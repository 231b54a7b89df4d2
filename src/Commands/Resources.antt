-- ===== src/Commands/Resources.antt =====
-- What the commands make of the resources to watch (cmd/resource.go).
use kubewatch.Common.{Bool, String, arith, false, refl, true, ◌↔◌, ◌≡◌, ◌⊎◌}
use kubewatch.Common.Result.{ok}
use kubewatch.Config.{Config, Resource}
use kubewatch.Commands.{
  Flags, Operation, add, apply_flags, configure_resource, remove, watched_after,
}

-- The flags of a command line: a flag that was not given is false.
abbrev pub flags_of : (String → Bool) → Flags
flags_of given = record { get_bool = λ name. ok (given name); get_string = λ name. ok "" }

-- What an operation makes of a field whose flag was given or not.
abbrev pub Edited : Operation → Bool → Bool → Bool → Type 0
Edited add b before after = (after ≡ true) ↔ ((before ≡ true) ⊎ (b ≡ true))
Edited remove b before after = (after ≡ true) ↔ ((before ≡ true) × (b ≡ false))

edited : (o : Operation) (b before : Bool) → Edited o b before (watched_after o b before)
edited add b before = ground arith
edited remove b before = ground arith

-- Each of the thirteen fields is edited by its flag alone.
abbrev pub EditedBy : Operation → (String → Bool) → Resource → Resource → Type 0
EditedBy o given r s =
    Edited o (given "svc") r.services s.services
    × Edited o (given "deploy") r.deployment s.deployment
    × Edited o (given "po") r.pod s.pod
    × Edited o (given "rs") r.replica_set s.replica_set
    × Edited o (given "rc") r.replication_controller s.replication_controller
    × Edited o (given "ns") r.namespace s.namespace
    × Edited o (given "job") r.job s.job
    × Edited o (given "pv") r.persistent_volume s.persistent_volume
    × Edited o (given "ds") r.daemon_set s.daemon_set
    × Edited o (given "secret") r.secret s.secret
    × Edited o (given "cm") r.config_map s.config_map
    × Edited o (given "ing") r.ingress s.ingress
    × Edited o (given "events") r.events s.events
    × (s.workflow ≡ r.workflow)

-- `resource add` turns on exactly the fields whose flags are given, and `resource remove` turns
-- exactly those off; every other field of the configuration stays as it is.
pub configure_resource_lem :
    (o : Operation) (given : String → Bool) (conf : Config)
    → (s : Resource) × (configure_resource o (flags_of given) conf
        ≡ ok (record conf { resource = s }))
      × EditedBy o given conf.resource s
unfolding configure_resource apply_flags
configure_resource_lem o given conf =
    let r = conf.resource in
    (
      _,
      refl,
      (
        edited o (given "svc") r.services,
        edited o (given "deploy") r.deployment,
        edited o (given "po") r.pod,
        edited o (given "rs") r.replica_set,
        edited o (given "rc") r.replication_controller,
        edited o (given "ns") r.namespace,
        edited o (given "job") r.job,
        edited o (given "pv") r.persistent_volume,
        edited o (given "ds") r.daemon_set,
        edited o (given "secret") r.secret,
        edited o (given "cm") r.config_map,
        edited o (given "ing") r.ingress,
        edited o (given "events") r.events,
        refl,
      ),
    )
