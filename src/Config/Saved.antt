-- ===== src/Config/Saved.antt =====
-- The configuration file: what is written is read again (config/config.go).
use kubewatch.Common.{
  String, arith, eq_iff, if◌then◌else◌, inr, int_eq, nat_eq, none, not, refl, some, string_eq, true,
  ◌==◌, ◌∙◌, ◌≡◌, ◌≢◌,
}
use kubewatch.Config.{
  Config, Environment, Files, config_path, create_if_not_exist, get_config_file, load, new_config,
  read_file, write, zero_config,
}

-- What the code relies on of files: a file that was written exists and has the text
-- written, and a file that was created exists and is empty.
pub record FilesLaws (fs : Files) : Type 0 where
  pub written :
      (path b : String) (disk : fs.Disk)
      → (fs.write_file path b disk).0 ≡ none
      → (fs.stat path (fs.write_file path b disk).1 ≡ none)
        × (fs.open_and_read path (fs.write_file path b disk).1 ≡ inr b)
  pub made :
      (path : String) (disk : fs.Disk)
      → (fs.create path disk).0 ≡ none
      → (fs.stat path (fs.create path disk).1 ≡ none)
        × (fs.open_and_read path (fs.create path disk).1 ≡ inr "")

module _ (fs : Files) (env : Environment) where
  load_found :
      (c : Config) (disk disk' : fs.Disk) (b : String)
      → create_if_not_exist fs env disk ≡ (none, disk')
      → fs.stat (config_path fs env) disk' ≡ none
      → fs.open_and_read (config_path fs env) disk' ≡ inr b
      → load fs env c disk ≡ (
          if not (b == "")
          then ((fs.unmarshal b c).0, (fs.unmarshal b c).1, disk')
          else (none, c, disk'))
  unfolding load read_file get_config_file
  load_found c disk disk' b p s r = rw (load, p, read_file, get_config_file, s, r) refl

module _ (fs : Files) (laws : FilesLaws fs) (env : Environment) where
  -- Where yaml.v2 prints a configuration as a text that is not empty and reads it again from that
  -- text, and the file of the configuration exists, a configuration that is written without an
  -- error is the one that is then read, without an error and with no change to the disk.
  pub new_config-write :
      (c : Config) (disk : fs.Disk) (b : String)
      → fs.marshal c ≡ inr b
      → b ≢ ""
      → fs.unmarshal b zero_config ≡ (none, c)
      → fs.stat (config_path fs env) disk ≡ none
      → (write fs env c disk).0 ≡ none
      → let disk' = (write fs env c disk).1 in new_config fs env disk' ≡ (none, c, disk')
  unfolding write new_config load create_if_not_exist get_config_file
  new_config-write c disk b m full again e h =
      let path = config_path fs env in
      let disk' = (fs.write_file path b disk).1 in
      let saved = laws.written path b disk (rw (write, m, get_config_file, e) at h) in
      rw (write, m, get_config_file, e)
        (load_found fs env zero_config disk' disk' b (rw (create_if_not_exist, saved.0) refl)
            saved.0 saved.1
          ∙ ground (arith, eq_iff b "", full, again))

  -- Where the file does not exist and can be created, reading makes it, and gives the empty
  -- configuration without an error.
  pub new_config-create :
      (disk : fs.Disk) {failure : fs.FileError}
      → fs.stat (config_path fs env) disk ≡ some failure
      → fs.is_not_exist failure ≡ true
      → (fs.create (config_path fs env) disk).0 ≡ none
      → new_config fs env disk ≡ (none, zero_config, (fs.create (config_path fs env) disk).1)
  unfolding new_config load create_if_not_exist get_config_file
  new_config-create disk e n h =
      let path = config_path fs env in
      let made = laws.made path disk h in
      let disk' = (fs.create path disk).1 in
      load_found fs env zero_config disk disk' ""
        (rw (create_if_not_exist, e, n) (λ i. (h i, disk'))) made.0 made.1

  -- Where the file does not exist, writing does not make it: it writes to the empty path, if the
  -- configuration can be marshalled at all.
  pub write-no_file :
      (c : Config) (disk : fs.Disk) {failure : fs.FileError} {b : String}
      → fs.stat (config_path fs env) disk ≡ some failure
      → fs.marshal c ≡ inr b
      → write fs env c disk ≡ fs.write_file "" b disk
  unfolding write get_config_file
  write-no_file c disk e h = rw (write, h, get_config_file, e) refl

Task details:
Determine how many lines of the data above contain the string "before", and answer with the number only.

Result for this task:
5